= Jack Howlett =

British mathematician and computer scientist

Jack Howlett CBE (30 August 1912 - 5 May 1999) was a British mathematician and computer scientist who was head of the Atlas Computer Laboratory for the duration of its existence.

== Personal life and early career ==

He was educated at Stand Grammar School, Whitefield, Manchester and read mathematics at Manchester University. He was awarded a PhD in 1944 for research on the Numerical Integration of Partial Differential Equations.

He worked with the research department of the LMS Railway from 1935 to 1940. He often described his relief when his calculations of the performance of a new braking system were tested successfully on a real steam locomotive complete with sceptical crew.

During the war he worked in research establishments on numerical analysis, under experts including Douglas Hartree, and using equipment such as early mechanical differential analyzers. This was applied to various problems including the atomic bomb project code-named Tube Alloys.

In 1948 he became head of the Computing Section in Theoretical Physics Division, AERE Harwell. He worked on many of the early reactor projects.

In 1966 he was elected Fellow of St Cross College, Oxford. He was a member of the Institution of Electrical Engineers, a Fellow of the Royal Statistical Society and a Fellow of the Institute of Mathematics and its Applications.

He was appointed a CBE in the New Years Honours List of 1969.

He was married to Joan, with whom he had five children. He enjoyed a wide range of musical and artistic activities, was a keen Scottish country dancer, took part in amateur dramatics, and enjoyed cycling and hill-walking. He was known to colleagues for his colourful dress sense and for his lively inquiring mind, extending well beyond narrow professional interests.

== Atlas Computer Laboratory ==

He was appointed Director of the Atlas Computer Laboratory in 1961, where he stayed until retirement in 1975. The Laboratory was created to provide a service to researchers across the United Kingdom with a need for large-scale computing power.

Peter Hall, a Director of Ferranti and later ICL, described how Howlett did business: "I explained to Jack that to order an Atlas we needed a contract that committed them to over £3m for a machine which we could not specify in performance, reliability, or delivery date. Jack did his best to get a commitment from us, but all we could offer was 'best endeavours'. So Jack worked on the contracts people and we got a contract ... which depended totally on trust between Jack and the authority on the one hand, and Jack and Ferranti - essentially me - on the other. It all worked out. It enabled the Atlas Laboratory to get off the ground, and Ferranti to establish the Atlas computer in the market place."

== Retirement ==

On retirement from the Atlas Laboratory, Howlett took up a post with ICL as founding editor of the ICL Technical Journal, a publication designed to give technical information about research and product innovation both inside the company and among its users and research partners.
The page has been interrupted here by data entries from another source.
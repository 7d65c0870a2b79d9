-- ===== src/Session/Extended/Binary/BigEndian.antt =====
-- Integers in binary format are read back: `render_binary_parameter` on the bytes that a client sends
-- for a number.
use exa_postgres_interface.Base.{ℕ, zero, suc, ◌-◌, ◌*◌, ◌/◌, ◌%◌, ◌^◌, ◌<◌, List, [], ◌∷◌, ◌++◌}
use exa_postgres_interface.Base.Int.{ℤ, pos, negsuc}
use exa_postgres_interface.Base.Text.{Text}
use exa_postgres_interface.Session.Types.{PgType}

-- The bytes of a number, the highest first.
abbrev pub to_bytes : ℕ → ℕ → List ℕ
to_bytes zero n = []
to_bytes (suc size) n = to_bytes size (n / 256) ++ n % 256 ∷ []

-- The bits of a signed number of `w` bits.
abbrev pub to_bits : ℕ → ℤ → ℕ
to_bits w (pos n) = n
to_bits w (negsuc n) = 2 ^ w - 1 - n

-- A signed number that fits `w` bits.
abbrev pub IsFit : ℕ → ℤ → Type 0
IsFit w (pos n) = n < 2 ^ (w - 1)
IsFit w (negsuc n) = n < 2 ^ (w - 1)

abbrev byte_power : ℕ → ℕ
byte_power zero = 1
byte_power (suc size) = byte_power size * 256

-- The integer types and their sizes.
pub data IntType : Type 0 where
  int2 int4 int8 : IntType

abbrev pub size_of : IntType → ℕ
size_of IntType.int2 = 2
size_of IntType.int4 = 4
size_of IntType.int8 = 8

abbrev pub pg_type_of : IntType → PgType
pg_type_of IntType.int2 = PgType.int2
pg_type_of IntType.int4 = PgType.int4
pg_type_of IntType.int8 = PgType.int8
Peter Hall invited him to take this post in 1978 and he remained editor until 1990, thereafter continuing with an active role on the editorial board until his death; he thus had the unique distinction of receiving an ICL award for 21 years' service which only started at the age of 65. He ran the meetings of the editorial board efficiently in the relaxed atmosphere of his London club, always followed by good food, wine, and conversation.

He co-authored a history of computing.

He also undertook a number of translation projects in his retirement, for example translating books on object-oriented languages and databases from French into English.